For the complete Mojo documentation index, see llms.txt. Markdown versions of all pages are available by appending .md to any URL (e.g. /docs/manual/basics.md).
cp_async_bulk_tensor_shared_cluster_global_im2col_multicast
cp_async_bulk_tensor_shared_cluster_global_im2col_multicast[dst_type: AnyType, mbr_type: AnyType, tensor_rank: Int, /, *, cta_group: Int = 1](dst_mem: UnsafePointer[dst_type, address_space=AddressSpace.SHARED], tma_descriptor: UnsafePointer[NoneType], mem_bar: UnsafePointer[mbr_type, address_space=AddressSpace.SHARED], coords: IndexList[tensor_rank], filter_offsets: IndexList[(tensor_rank - 2)], multicast_mask: UInt16)
Initiates an asynchronous multicast TMA load with im2col addressing.
This combines im2col addressing with multicast, distributing the loaded data to multiple CTAs in a cluster.

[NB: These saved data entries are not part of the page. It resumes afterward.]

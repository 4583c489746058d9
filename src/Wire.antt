-- ===== src/Wire.antt =====
-- include/enet6/protocol.h: the commands of the protocol, their constants and their fields, and the
-- table of command sizes of src/protocol.c. Fields hold their values in host byte order.
pub mod Bytes
use enet.Base.{ℕ, ◌*◌, ◌%◌, Bool, List, [], ◌∷◌, get_or, has_bit}

-- `ENET_PROTOCOL_MINIMUM_MTU` and the constants after it
abbrev pub minimum_mtu : ℕ
minimum_mtu = 576

abbrev pub maximum_mtu : ℕ
maximum_mtu = 4096

abbrev pub minimum_window_size : ℕ
minimum_window_size = 4096

abbrev pub maximum_window_size : ℕ
maximum_window_size = 65536

abbrev pub minimum_channel_count : ℕ
minimum_channel_count = 1

abbrev pub maximum_channel_count : ℕ
maximum_channel_count = 255

abbrev pub maximum_peer_id : ℕ
maximum_peer_id = 0xFFF

abbrev pub maximum_fragment_count : ℕ
maximum_fragment_count = 1024 * 1024

-- `ENetProtocolCommand`; `unknown` is a value of the four bits that is no command.
pub data Kind : Type 0 where
  nothing acknowledge connect verify_connect disconnect ping : Kind
  send_reliable send_unreliable send_fragment send_unsequenced : Kind
  bandwidth_limit throttle_configure send_unreliable_fragment unknown : Kind

abbrev kinds : List Kind
kinds =
    Kind.nothing ∷ Kind.acknowledge ∷ Kind.connect ∷ Kind.verify_connect ∷ Kind.disconnect
    ∷ Kind.ping ∷ Kind.send_reliable ∷ Kind.send_unreliable ∷ Kind.send_fragment
    ∷ Kind.send_unsequenced ∷ Kind.bandwidth_limit ∷ Kind.throttle_configure
    ∷ Kind.send_unreliable_fragment ∷ []

-- `command & ENET_PROTOCOL_COMMAND_MASK`
abbrev pub command_number : ℕ → ℕ
command_number command = command % 16

unfoldable pub kind : ℕ → Kind
kind command = get_or kinds (command_number command) Kind.unknown

-- `command & ENET_PROTOCOL_COMMAND_FLAG_ACKNOWLEDGE`
abbrev pub flag_acknowledge : ℕ → Bool
flag_acknowledge command = has_bit 7 command

-- `command & ENET_PROTOCOL_COMMAND_FLAG_UNSEQUENCED`
abbrev pub flag_unsequenced : ℕ → Bool
flag_unsequenced command = has_bit 6 command

-- `commandSizes`: the sizes of the packed structures
abbrev pub command_sizes : List ℕ
command_sizes = 0 ∷ 8 ∷ 48 ∷ 44 ∷ 8 ∷ 4 ∷ 6 ∷ 8 ∷ 24 ∷ 8 ∷ 12 ∷ 16 ∷ 24 ∷ []

-- `enet_protocol_command_size`. A number past the end of the table is never queued.
unfoldable pub command_size : ℕ → ℕ
command_size command = get_or command_sizes (command_number command) 0

-- `ENetProtocolConnect`, less its header
pub record Connect : Type 0 where
  pub outgoing_peer_id : ℕ
  pub incoming_session_id : ℕ
  pub outgoing_session_id : ℕ
  pub mtu : ℕ
  pub window_size : ℕ
  pub channel_count : ℕ
  pub incoming_bandwidth : ℕ
  pub outgoing_bandwidth : ℕ
  pub packet_throttle_interval : ℕ
  pub packet_throttle_acceleration : ℕ
  pub packet_throttle_deceleration : ℕ
  pub connect_id : ℕ
  pub user_data : ℕ

-- `ENetProtocolVerifyConnect`, less its header
pub record VerifyConnect : Type 0 where
  pub outgoing_peer_id : ℕ
  pub incoming_session_id : ℕ
  pub outgoing_session_id : ℕ
  pub mtu : ℕ
  pub window_size : ℕ
  pub channel_count : ℕ
  pub incoming_bandwidth : ℕ
  pub outgoing_bandwidth : ℕ
  pub packet_throttle_interval : ℕ
  pub packet_throttle_acceleration : ℕ
  pub packet_throttle_deceleration : ℕ
  pub connect_id : ℕ

-- `ENetProtocolSendFragment`, less its header
pub record SendFragment : Type 0 where
  pub start_sequence_number : ℕ
  pub data_length : ℕ
  pub fragment_count : ℕ
  pub fragment_number : ℕ
  pub total_length : ℕ
  pub fragment_offset : ℕ

-- What follows the header in the union `ENetProtocol`.
pub data Body : Type 0 where
  -- the received reliable sequence number and sent time
  acknowledge : ℕ → ℕ → Body
  connect : Connect → Body
  verify_connect : VerifyConnect → Body
  disconnect : ℕ → Body
  ping : Body
  -- the data length
  send_reliable : ℕ → Body
  -- the unreliable sequence number and the data length
  send_unreliable : ℕ → ℕ → Body
  send_fragment : SendFragment → Body
  -- the group and the data length
  send_unsequenced : ℕ → ℕ → Body
  -- incoming and outgoing bandwidth
  bandwidth_limit : ℕ → ℕ → Body
  -- interval, acceleration and deceleration
  throttle_configure : ℕ → ℕ → ℕ → Body

-- `ENetProtocol`: `ENetProtocolCommandHeader` and what follows it
pub record Protocol : Type 0 where
  pub command : ℕ
  pub channel_id : ℕ
  pub reliable_sequence_number : ℕ
  pub body : Body

-- `command -> sendUnreliable.unreliableSequenceNumber`: in a fragment the start sequence number
-- stands at the same place of the union. The other commands are never asked for it.
unfoldable pub unreliable_sequence_number : Body → ℕ
unreliable_sequence_number (send_unreliable n _) = n
unreliable_sequence_number (send_fragment f) = f.start_sequence_number
unreliable_sequence_number _ = 0
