-- ===== src/State/PacketData.antt =====
-- `ENetPacket` of include/enet6/enet.h.
use enet.Base.{ℕ, Bool, List, Option, has_bit}

-- `bytes` is what `data` points to (`none` is NULL). The callbacks are the application's: `true` is
-- a callback that is set, and the two counters count the calls of each. `freed` counts how often
-- the structure went to `enet_free`.
pub record Packet : Type 0 where
  pub reference_count : ℕ
  pub flags : ℕ
  pub bytes : Option (List ℕ)
  pub data_length : ℕ
  pub free_callback : Bool
  pub acknowledge_callback : Bool
  pub remaining_fragments : ℕ
  pub free_calls : ℕ
  pub acknowledge_calls : ℕ
  pub freed : ℕ

-- `ENET_PACKET_FLAG_RELIABLE` and the flags after it
abbrev pub flag_reliable : ℕ → Bool
flag_reliable flags = has_bit 0 flags

abbrev pub flag_unsequenced_packet : ℕ → Bool
flag_unsequenced_packet flags = has_bit 1 flags

abbrev pub flag_no_allocate : ℕ → Bool
flag_no_allocate flags = has_bit 2 flags

abbrev pub flag_unreliable_fragment : ℕ → Bool
flag_unreliable_fragment flags = has_bit 3 flags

For 2D convolution with 4D NHWC tensor:
- coords: (c, w, h, n) - channel, output spatial, batch
- filter_offsets: (offset_w, offset_h) - position within filter window
PTX instruction formats differ based on cta_group:
- cta_group=1: Uses SM90-style multicast im2col PTX (no cta_group modifier) cp.async.bulk.tensor.4d.shared::cluster.global.im2col...multicast::cluster
- cta_group=2: Uses SM100-style multicast im2col PTX with cta_group::2 (from CUTLASS) cp.async.bulk.tensor.4d.im2col.cta_group::2.shared::cluster.global...multicast::cluster...
Parameters:
- dst_type (
AnyType): The data type of the destination memory. - mbr_type (
AnyType): The data type of the memory barrier. - tensor_rank (
Int): The rank of the tensor (3, 4, or 5). - cta_group (
Int): The CTA group to use for the copy operation. Must be 1 or 2.
Args:
- dst_mem (
UnsafePointer[dst_type, address_space=AddressSpace.SHARED]): Pointer to the destination in shared memory. - tma_descriptor (
UnsafePointer[NoneType]): Pointer to the TMA im2col descriptor. - mem_bar (
UnsafePointer[mbr_type, address_space=AddressSpace.SHARED]): Pointer to the shared memory barrier. - coords (
IndexList[tensor_rank]): Tensor coordinates (c, w, h, n for 4D). - filter_offsets (
IndexList[(tensor_rank - 2)]): Filter window offsets (offset_w, offset_h for 4D). - multicast_mask (
UInt16): Bitmask specifying target CTAs for multicast.